Back out the road-Holy Shemp
–Tu sais que je reviens dans deux jours ? Trois, grand maximum ?
Une pile de pulls en laine dans les bras, Thor offrit à Madison un regard de chien battu en arborant un air penaud qu'elle trouva terriblement attendrissant. Avant de fermer son sac de voyage, la terrienne capitula et récupéra le vêtement du dessus –un épais pull à col roulé de couleur beige et dont l'extrémité des manches tirait vers le marron–, qu'elle rangea avec le reste de ses affaires.
–Ca pourrait être utile, commenta-t-elle en bouclant ses bagages, tandis que l'asgardien déposa le reste de la pile sur le meuble à côté de la porte, puis il s'approcha d'elle, se plaça dans son dos et l'enlaça tendrement.
–Je ne comprends toujours pas pourquoi tu tiens à y aller seule, souffla-t-il, le nez enfoui dans ses cheveux. Enfin, je sais, se corrigea-t-il, mais…

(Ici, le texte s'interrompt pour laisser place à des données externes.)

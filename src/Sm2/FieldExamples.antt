-- ===== src/Sm2/FieldExamples.antt =====
-- The theorems about the field's elements at concrete inputs.
use gmsm.Common.{
  ℕ, ◌+◌, ◌*◌, ◌%◌, ◌<◌, ◌≡◌, ◌==◌, refl, List, [], ◌∷◌, length, replicate, arith, Bool, true,
  false,
}
use gmsm.Sm2.Field.{prime, sub32, sm2_p256_carry, reduce_carry, field_sub}
use gmsm.Sm2.Field.Sum.{IsLimbs, IsElement}
use gmsm.Sm2.Field.Degree.{
  split, split_loop, eliminate, even_step, even_round, even_three, even_four, even_five, even_six,
  even_seven, even_eight, odd_step, odd_round, odd_three, odd_four, odd_five, odd_six, odd_seven,
  odd_eight, non_zero_to_all_ones, collect, reduce_degree,
}
use gmsm.Sm2.Field.Degree.EvenStep.{even_safe}
use gmsm.Sm2.Field.Degree.Value.{safe_rounds}
use gmsm.Sm2.Field.Product.{mul_products, field_mul}
use gmsm.Sm2.Field.Convert.{from_big, to_big, to_big_loop}
use gmsm.Sm2.Field.Convert.Value.{to_big-from_big}
use gmsm.Sm2.Field.Arrays.{field_mul-IsElement}
use gmsm.Sm2.Field.Modulo.{safe_products, field_sub-to_big, field_mul-to_big}

-- The largest limbs that the theorems admit in the wide places.
abbrev large : List ℕ
large =
    0x3fffffff ∷ 0x1fffffff ∷ 0x3fffffff ∷ 0x1fffffff ∷ 0x3fffffff ∷ 0x1fffffff ∷ 0x3fffffff
    ∷ 0x1fffffff ∷ 0x3fffffff ∷ []

large-IsLimbs : IsLimbs true large
unfolding IsLimbs
large-IsLimbs = omega arith

small-IsLimbs : IsLimbs true (replicate 9 5)
unfolding IsLimbs
small-IsLimbs = omega arith

large-IsElement : IsElement large
large-IsElement = (refl, large-IsLimbs)

small-IsElement : IsElement (replicate 9 5)
small-IsElement = (refl, small-IsLimbs)

field_sub-to_big_example :
    ((to_big (field_sub (replicate 9 5) large) + to_big large) % prime ≡ to_big (replicate 9 5))
    × IsElement (field_sub (replicate 9 5) large)
field_sub-to_big_example = field_sub-to_big (replicate 9 5) large small-IsElement large-IsElement

-- This computes the products and the rounds of their reduction.
unfoldable computed : List ℕ → Bool
unfolding split split_loop eliminate even_step even_round even_three even_four even_five even_six
    even_seven even_eight odd_step odd_round odd_three odd_four odd_five odd_six odd_seven odd_eight
    non_zero_to_all_ones sub32 collect reduce_degree reduce_carry sm2_p256_carry mul_products
    field_mul even_safe safe_rounds to_big to_big_loop
computed a = safe_products (mul_products a (field_mul a a))

large-safe : safe_products (mul_products large large) ≡ true
unfolding computed
large-safe = refl

field_mul-to_big_example :
    (to_big (field_mul large large) ≡ to_big large * to_big large % prime)
    × IsElement (field_mul large large)
field_mul-to_big_example = field_mul-to_big large large large-IsElement large-IsElement large-safe

field_mul-IsElement_example :
    ((collect 0 (eliminate true 9 (split (mul_products large large)))).1 * 9 + 8
      < length sm2_p256_carry)
    × IsElement (field_mul large large)
field_mul-IsElement_example = field_mul-IsElement large large refl refl

to_big-from_big_example :
    (to_big (from_big (prime + 5)) ≡ (prime + 5) % prime) × IsElement (from_big (prime + 5))
to_big-from_big_example = to_big-from_big (prime + 5)

-- Two elements whose product a round spoils: it lends from a limb that is zero and gets `x >> 1`,
-- which is zero too.
abbrev spoiled : List ℕ
spoiled = 268435455 ∷ 0 ∷ 0 ∷ 0 ∷ 1 ∷ 2 ∷ 268435456 ∷ 0 ∷ 268435455 ∷ []

abbrev spoiler : List ℕ
spoiler = 0 ∷ 2 ∷ 0 ∷ 0 ∷ 0 ∷ 0 ∷ 0 ∷ 0 ∷ 2 ∷ []

spoiled_product :
    (to_big (field_mul spoiled spoiler) == to_big spoiled * to_big spoiler % prime) ≡ false
unfolding computed
spoiled_product = refl

spoiled_round : safe_products (mul_products spoiled spoiler) ≡ false
unfolding computed
spoiled_round = refl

–… Mais tu aurais aimé pouvoir garder un œil sur moi parce que j'ai facilement tendance à me mettre dans le pétrin même lorsque la situation ne s'y prête pas, compléta-t-elle en profitant de cette étreinte.
–Et cela reste risqué, affirma-t-il, même si je te fais entièrement confiance pour mener cette expédition à bien, et que techniquement, tu ne seras pas seule.

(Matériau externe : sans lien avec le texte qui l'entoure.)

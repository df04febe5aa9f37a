-- ===== src/Sm2/Hostnames.antt =====
-- sm2/verify.go: `matchHostnames`. A string is its bytes.
pub mod Labels
pub mod Match
use gmsm.Common.{
  ℕ, zero, suc, ◌-◌, List, [], ◌∷◌, length, ◌==◌, if◌then◌else◌, Bool, true, false, ◌&&◌, ◌||◌, not,
}
use gmsm.Sm2.Encryption.{equal_bytes}

-- '.' and '*'
abbrev pub dot : ℕ
dot = 46

abbrev pub star : ℕ
star = 42

-- `strings.TrimSuffix(s, ".")`
unfoldable pub trim_dot : List ℕ → List ℕ
trim_dot [] = []
trim_dot (c ∷ []) = if c == dot then [] else c ∷ []
trim_dot (c ∷ d ∷ s) = c ∷ trim_dot (d ∷ s)

-- A byte in front of the first part.
unfoldable pub onto_first : ℕ → List (List ℕ) → List (List ℕ)
onto_first c [] = (c ∷ []) ∷ []
onto_first c (part ∷ parts) = (c ∷ part) ∷ parts

-- `strings.Split(s, ".")`
unfoldable pub split_dots : List ℕ → List (List ℕ)
split_dots [] = [] ∷ []
split_dots (c ∷ s) = let parts = split_dots s in if c == dot then [] ∷ parts else onto_first c parts

-- The loop over as many parts of either name; `first` says whether the index is zero.
unfoldable pub match_parts : Bool → List (List ℕ) → List (List ℕ) → Bool
match_parts first [] host_parts = true
match_parts first (p ∷ pattern_parts) [] = true
match_parts first (p ∷ pattern_parts) (h ∷ host_parts) =
    let rest = match_parts false pattern_parts host_parts in
    if first && equal_bytes p (star ∷ [])
    then rest
    else if not (equal_bytes p h)
    then false
    else rest

unfoldable pub match_hostnames : List ℕ → List ℕ → Bool
match_hostnames pattern' host' =
    let host = trim_dot host' in
    let pattern = trim_dot pattern' in
    let pattern_parts = split_dots pattern in
    let host_parts = split_dots host in
    if (length pattern == 0) || (length host == 0)
    then false
    else if not (length pattern_parts == length host_parts)
    then false
    else match_parts true pattern_parts host_parts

Madison se détacha de lui et se retourna afin de lui faire face, puis elle entoura ses bras autour de lui avant de déposer un baiser sur sa joue. Il plaça ses mains dans son dos et l'attira contre lui pour qu'ils partagent une seconde étreinte.
–Je ne risque rien, je n'y vais pas seule. Et je reviens vite, ok ? lui dit-elle en plongeant son regard dans le sien.
–Promis ?
–Promis, dit-elle, faisant ainsi partiellement taire les inquiétudes du guerrier. Je demanderai à Tony de mettre une bouteille au frais juste avant de partir, ajouta-t-elle en jouant distraitement avec une mèche blonde de l'homme. Tu penses pouvoir surveiller tout le monde pendant mon absence, ou serait-ce plus judicieux de ma part de demander à Pepper d'assurer ce rôle ?
–Les garçons restent jusqu'à demain, n'est-ce pas ? lui demanda-t-il après un court instant de réflexion, et après qu'elle eut acquiescé, il reprit un bref moment pour trouver la meilleure réponse à lui offrir, après quoi il lâcha : Demande à Pepper.
–Tu as peur de ne pas pouvoir t'occuper d'au moins deux enfants en même temps ? l'interrogea-t-elle, tout sourire.
–Disons qu'en plus d'Arthur et Morgan, nous avons chacun un frère qui, laissés sans surveillance, peuvent rapidement faire des bêtises, mentionna-t-il mi-sérieusement.
–Sans compter qu'il faut te surveiller, toi aussi.
–Exactement, approuva-t-il vivement avant de froncer les sourcils. Attends, quoi ?
Entendre Madison rire l'empêcha de se sentir vexé. Il savait qu'elle avait raison. Dans leur groupe, leur famille, ils étaient tous des aimants à problèmes, si bien que les adultes devaient, à tour de rôle, devenir la « personne responsable » en charge de tout le monde.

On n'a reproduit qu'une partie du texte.